Comprendre le trauma
Une des significations du mot trauma, dans son étymologie, est « la défaite ». Elle souligne bien l’aspect contextuel et progressif du trauma. Elle expose aussi que le trauma est le résultat d’un choc entre deux fronts, et que l’effort du sujet pour en refermer la plaie fait de lui ou d’elle la victime mais aussi la raison agissante du trauma.
Il n’y a de trauma que dans la mise en question de la blessure. Le sujet psychotique, sans doute, refuse la blessure en refusant d’en être une des parties. De a + b = c, il ou elle ne retient que b et c, l’autre et le trauma, c’est-à-dire le résultat du choc du sujet avec l’autre. Lui ou elle-même ne se voit pas. Il manque une partie, qui est la spécificité, la singularité du sujet dans sa situation, à laquelle est venue à sa rencontre l’altérité de l’autre.
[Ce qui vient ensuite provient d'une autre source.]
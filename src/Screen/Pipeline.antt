-- ===== src/Screen/Pipeline.antt =====
-- src/screen/bridge/stdout_reader.rs and forwarder.rs, and the restart of the encoder in
-- src/screen/bridge/controller.rs: the encoder's output on its way to the media
-- server. The two threads share the output queue and the stop flag: a step is one action of one thread
-- between two accesses, so that any sequence of steps is an interleaving.
pub mod Thinned
pub mod Flowing
pub mod Reading
pub mod Forwarding
pub mod Delivery
mod Examples
use cast_app.Common.{
  ℕ, ◌+◌, Option, none, some, Bool, true, false, List, [], ◌∷◌, ◌++◌, if◌then◌else◌, case_option,
  not, ◌||◌,
}
use cast_app.Util.Backpressure.{BoundedDropOldest, push_or, try_pop, clear}
use cast_app.Screen.Segments.{
  EncodedSegment, init_segment, fragment_segment, Mp4Segmenter, feed, finish,
}
use cast_app.Screen.Segments as Segments

-- `OUTPUT_QUEUE_CAPACITY`.
abbrev pub output_queue_capacity : ℕ
output_queue_capacity = 8

-- `matches!(buffered, EncodedSegment::Fragment(_))`.
abbrev pub evictable : EncodedSegment → Bool
evictable (init_segment b) = false
evictable (fragment_segment b) = true

-- The rejected segment, if any, is only logged.
unfoldable pub push_segment :
    BoundedDropOldest EncodedSegment → EncodedSegment → BoundedDropOldest EncodedSegment
push_segment output segment = (push_or output segment evictable).0

-- What `reader.read` returns; no bytes are the end of the stream.
pub data ReadEvent : Type 0 where
  read_bytes : List ℕ → ReadEvent
  interrupted : ReadEvent
  read_failed : ReadEvent

-- What `try_send` returns.
pub data Sending : Type 0 where
  sent full closed : Sending

-- `pushing` are the segments of one `feed` or of `finish` that `read_encoded` has yet to push; `held` is
-- the segment in `forward_segment`. The last three fields are logs that the code does not keep: what was
-- delivered or held when the encoder was last restarted, what the segmenter has put out since, and the
-- segments whose bytes the server has.
pub record Pipeline : Type 0 where
  pub segmenter : Mp4Segmenter
  pub reading : Bool
  pub pushing : List EncodedSegment
  pub output : BoundedDropOldest EncodedSegment
  pub held : Option EncodedSegment
  pub forwarding : Bool
  pub stop : Bool
  pub dropped : ℕ
  pub earlier : List EncodedSegment
  pub produced : List EncodedSegment
  pub delivered : List EncodedSegment

unfoldable pub start : Pipeline
unfolding Segments.new
start = record {
  segmenter = Segments.new;
  reading = true;
  pushing = [];
  output = record { items = []; capacity = output_queue_capacity };
  held = none;
  forwarding = true;
  stop = false;
  dropped = 0;
  earlier = [];
  produced = [];
  delivered = [];
}

abbrev pub put_out : Mp4Segmenter × List EncodedSegment → Pipeline → Pipeline
put_out (segmenter, segments) p = record p {
  segmenter = segmenter;
  pushing = segments;
  produced = p.produced ++ segments;
}

-- `read_encoded`: a read, once the segments of the one before are pushed.
abbrev pub read_encoded : ReadEvent → Pipeline → Pipeline
read_encoded (read_bytes []) p = put_out (finish p.segmenter) (record p { reading = false })
read_encoded (read_bytes (b ∷ bytes)) p = put_out (feed p.segmenter (b ∷ bytes)) p
read_encoded interrupted p = p
read_encoded read_failed p = record p { reading = false }

abbrev pub reads_next : Bool → List EncodedSegment → ReadEvent → Pipeline → Pipeline
reads_next true [] r p = read_encoded r p
reads_next true (segment ∷ segments) r p = p
reads_next false segments r p = p

abbrev pub push_next : List EncodedSegment → Pipeline → Pipeline
push_next [] p = p
push_next (segment ∷ segments) p = record p {
  output = push_segment p.output segment;
  pushing = segments;
}

-- A round of `forwarder_loop`, up to the call of `forward_segment`.
abbrev pub pop_next : Bool → Pipeline → Pipeline
pop_next true p = record p { forwarding = false }
pop_next false p = record p { output = (try_pop p.output).0; held = (try_pop p.output).1 }

-- A round of the loop in `forward_segment`.
abbrev pub forward_segment : Sending → EncodedSegment → Pipeline → Pipeline
forward_segment sent segment p = record p { held = none; delivered = p.delivered ++ (segment ∷ []) }
forward_segment full (fragment_segment b) p = record p { held = none; dropped = p.dropped + 1 }
forward_segment full (init_segment b) p = if p.stop then record p { forwarding = false } else p
forward_segment closed segment p = record p { stop = true; forwarding = false }

abbrev pub in_hand : Option EncodedSegment → List EncodedSegment
in_hand none = []
in_hand (some segment) = segment ∷ []

-- `EncoderState::restart` of the controller, and `fail` if the next encoder does not start. The readers of
-- the old one are joined first.
unfoldable pub restart : Bool → Pipeline → Pipeline
unfolding clear Segments.new
restart spawned p = record p {
  segmenter = Segments.new;
  reading = spawned;
  output = clear p.output;
  stop = p.stop || not spawned;
  earlier = p.delivered ++ in_hand p.held;
  produced = [];
}

abbrev pub restarts_next : Bool → List EncodedSegment → Bool → Pipeline → Pipeline
restarts_next false [] spawned p = restart spawned p
restarts_next false (segment ∷ segments) spawned p = p
restarts_next true pushing spawned p = p

pub data Step : Type 0 where
  reads : ReadEvent → Step
  pushes : Step
  pops : Step
  sends : Sending → Step
  requests_stop : Step
  restarts : (spawned : Bool) → Step

abbrev pub forwards : Bool → Option EncodedSegment → Step → Pipeline → Pipeline
forwards false held s p = p
forwards true none pops p = pop_next p.stop p
forwards true (some segment) (sends sending) p = forward_segment sending segment p
forwards true held s p = p

unfoldable pub step : Step → Pipeline → Pipeline
unfolding push_segment restart
step (reads r) p = reads_next p.reading p.pushing r p
step pushes p = push_next p.pushing p
step pops p = forwards p.forwarding p.held pops p
step (sends sending) p = forwards p.forwarding p.held (sends sending) p
step requests_stop p = record p { stop = true }
step (restarts spawned) p = restarts_next p.reading p.pushing spawned p

unfoldable pub run : List Step → Pipeline → Pipeline
unfolding step
run [] p = p
run (s ∷ ss) p = run ss (step s p)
Rejeter ce qui fait singularité agissant, rejeter ce qui fait corps là où la symbolisation cesse, c’est refuser une part de ce que le sujet psychotique refuse d’admettre, parce que la loi ne l’admet pas, et qu’il veut se réattribuer la loi. On ne peut être différent-e de ce qui n’admet qu’une représentation partielle de ce que le réel peut signifier. Si le sujet psychotique ne peut se situer d’un côté ou de l’autre de l’ordre symbolique, c’est bien parce que le système de différence admet plus de manques que le sujet lui ou elle-même est capable d’en rétablir les coordonnées nécessaires.
Devant un effort trop grand, la compensation, en effet, faillit. Le sujet est en crise. Et le modèle social de la symbolisation individuelle échoue à mener l’exercice du bien commun à son terme.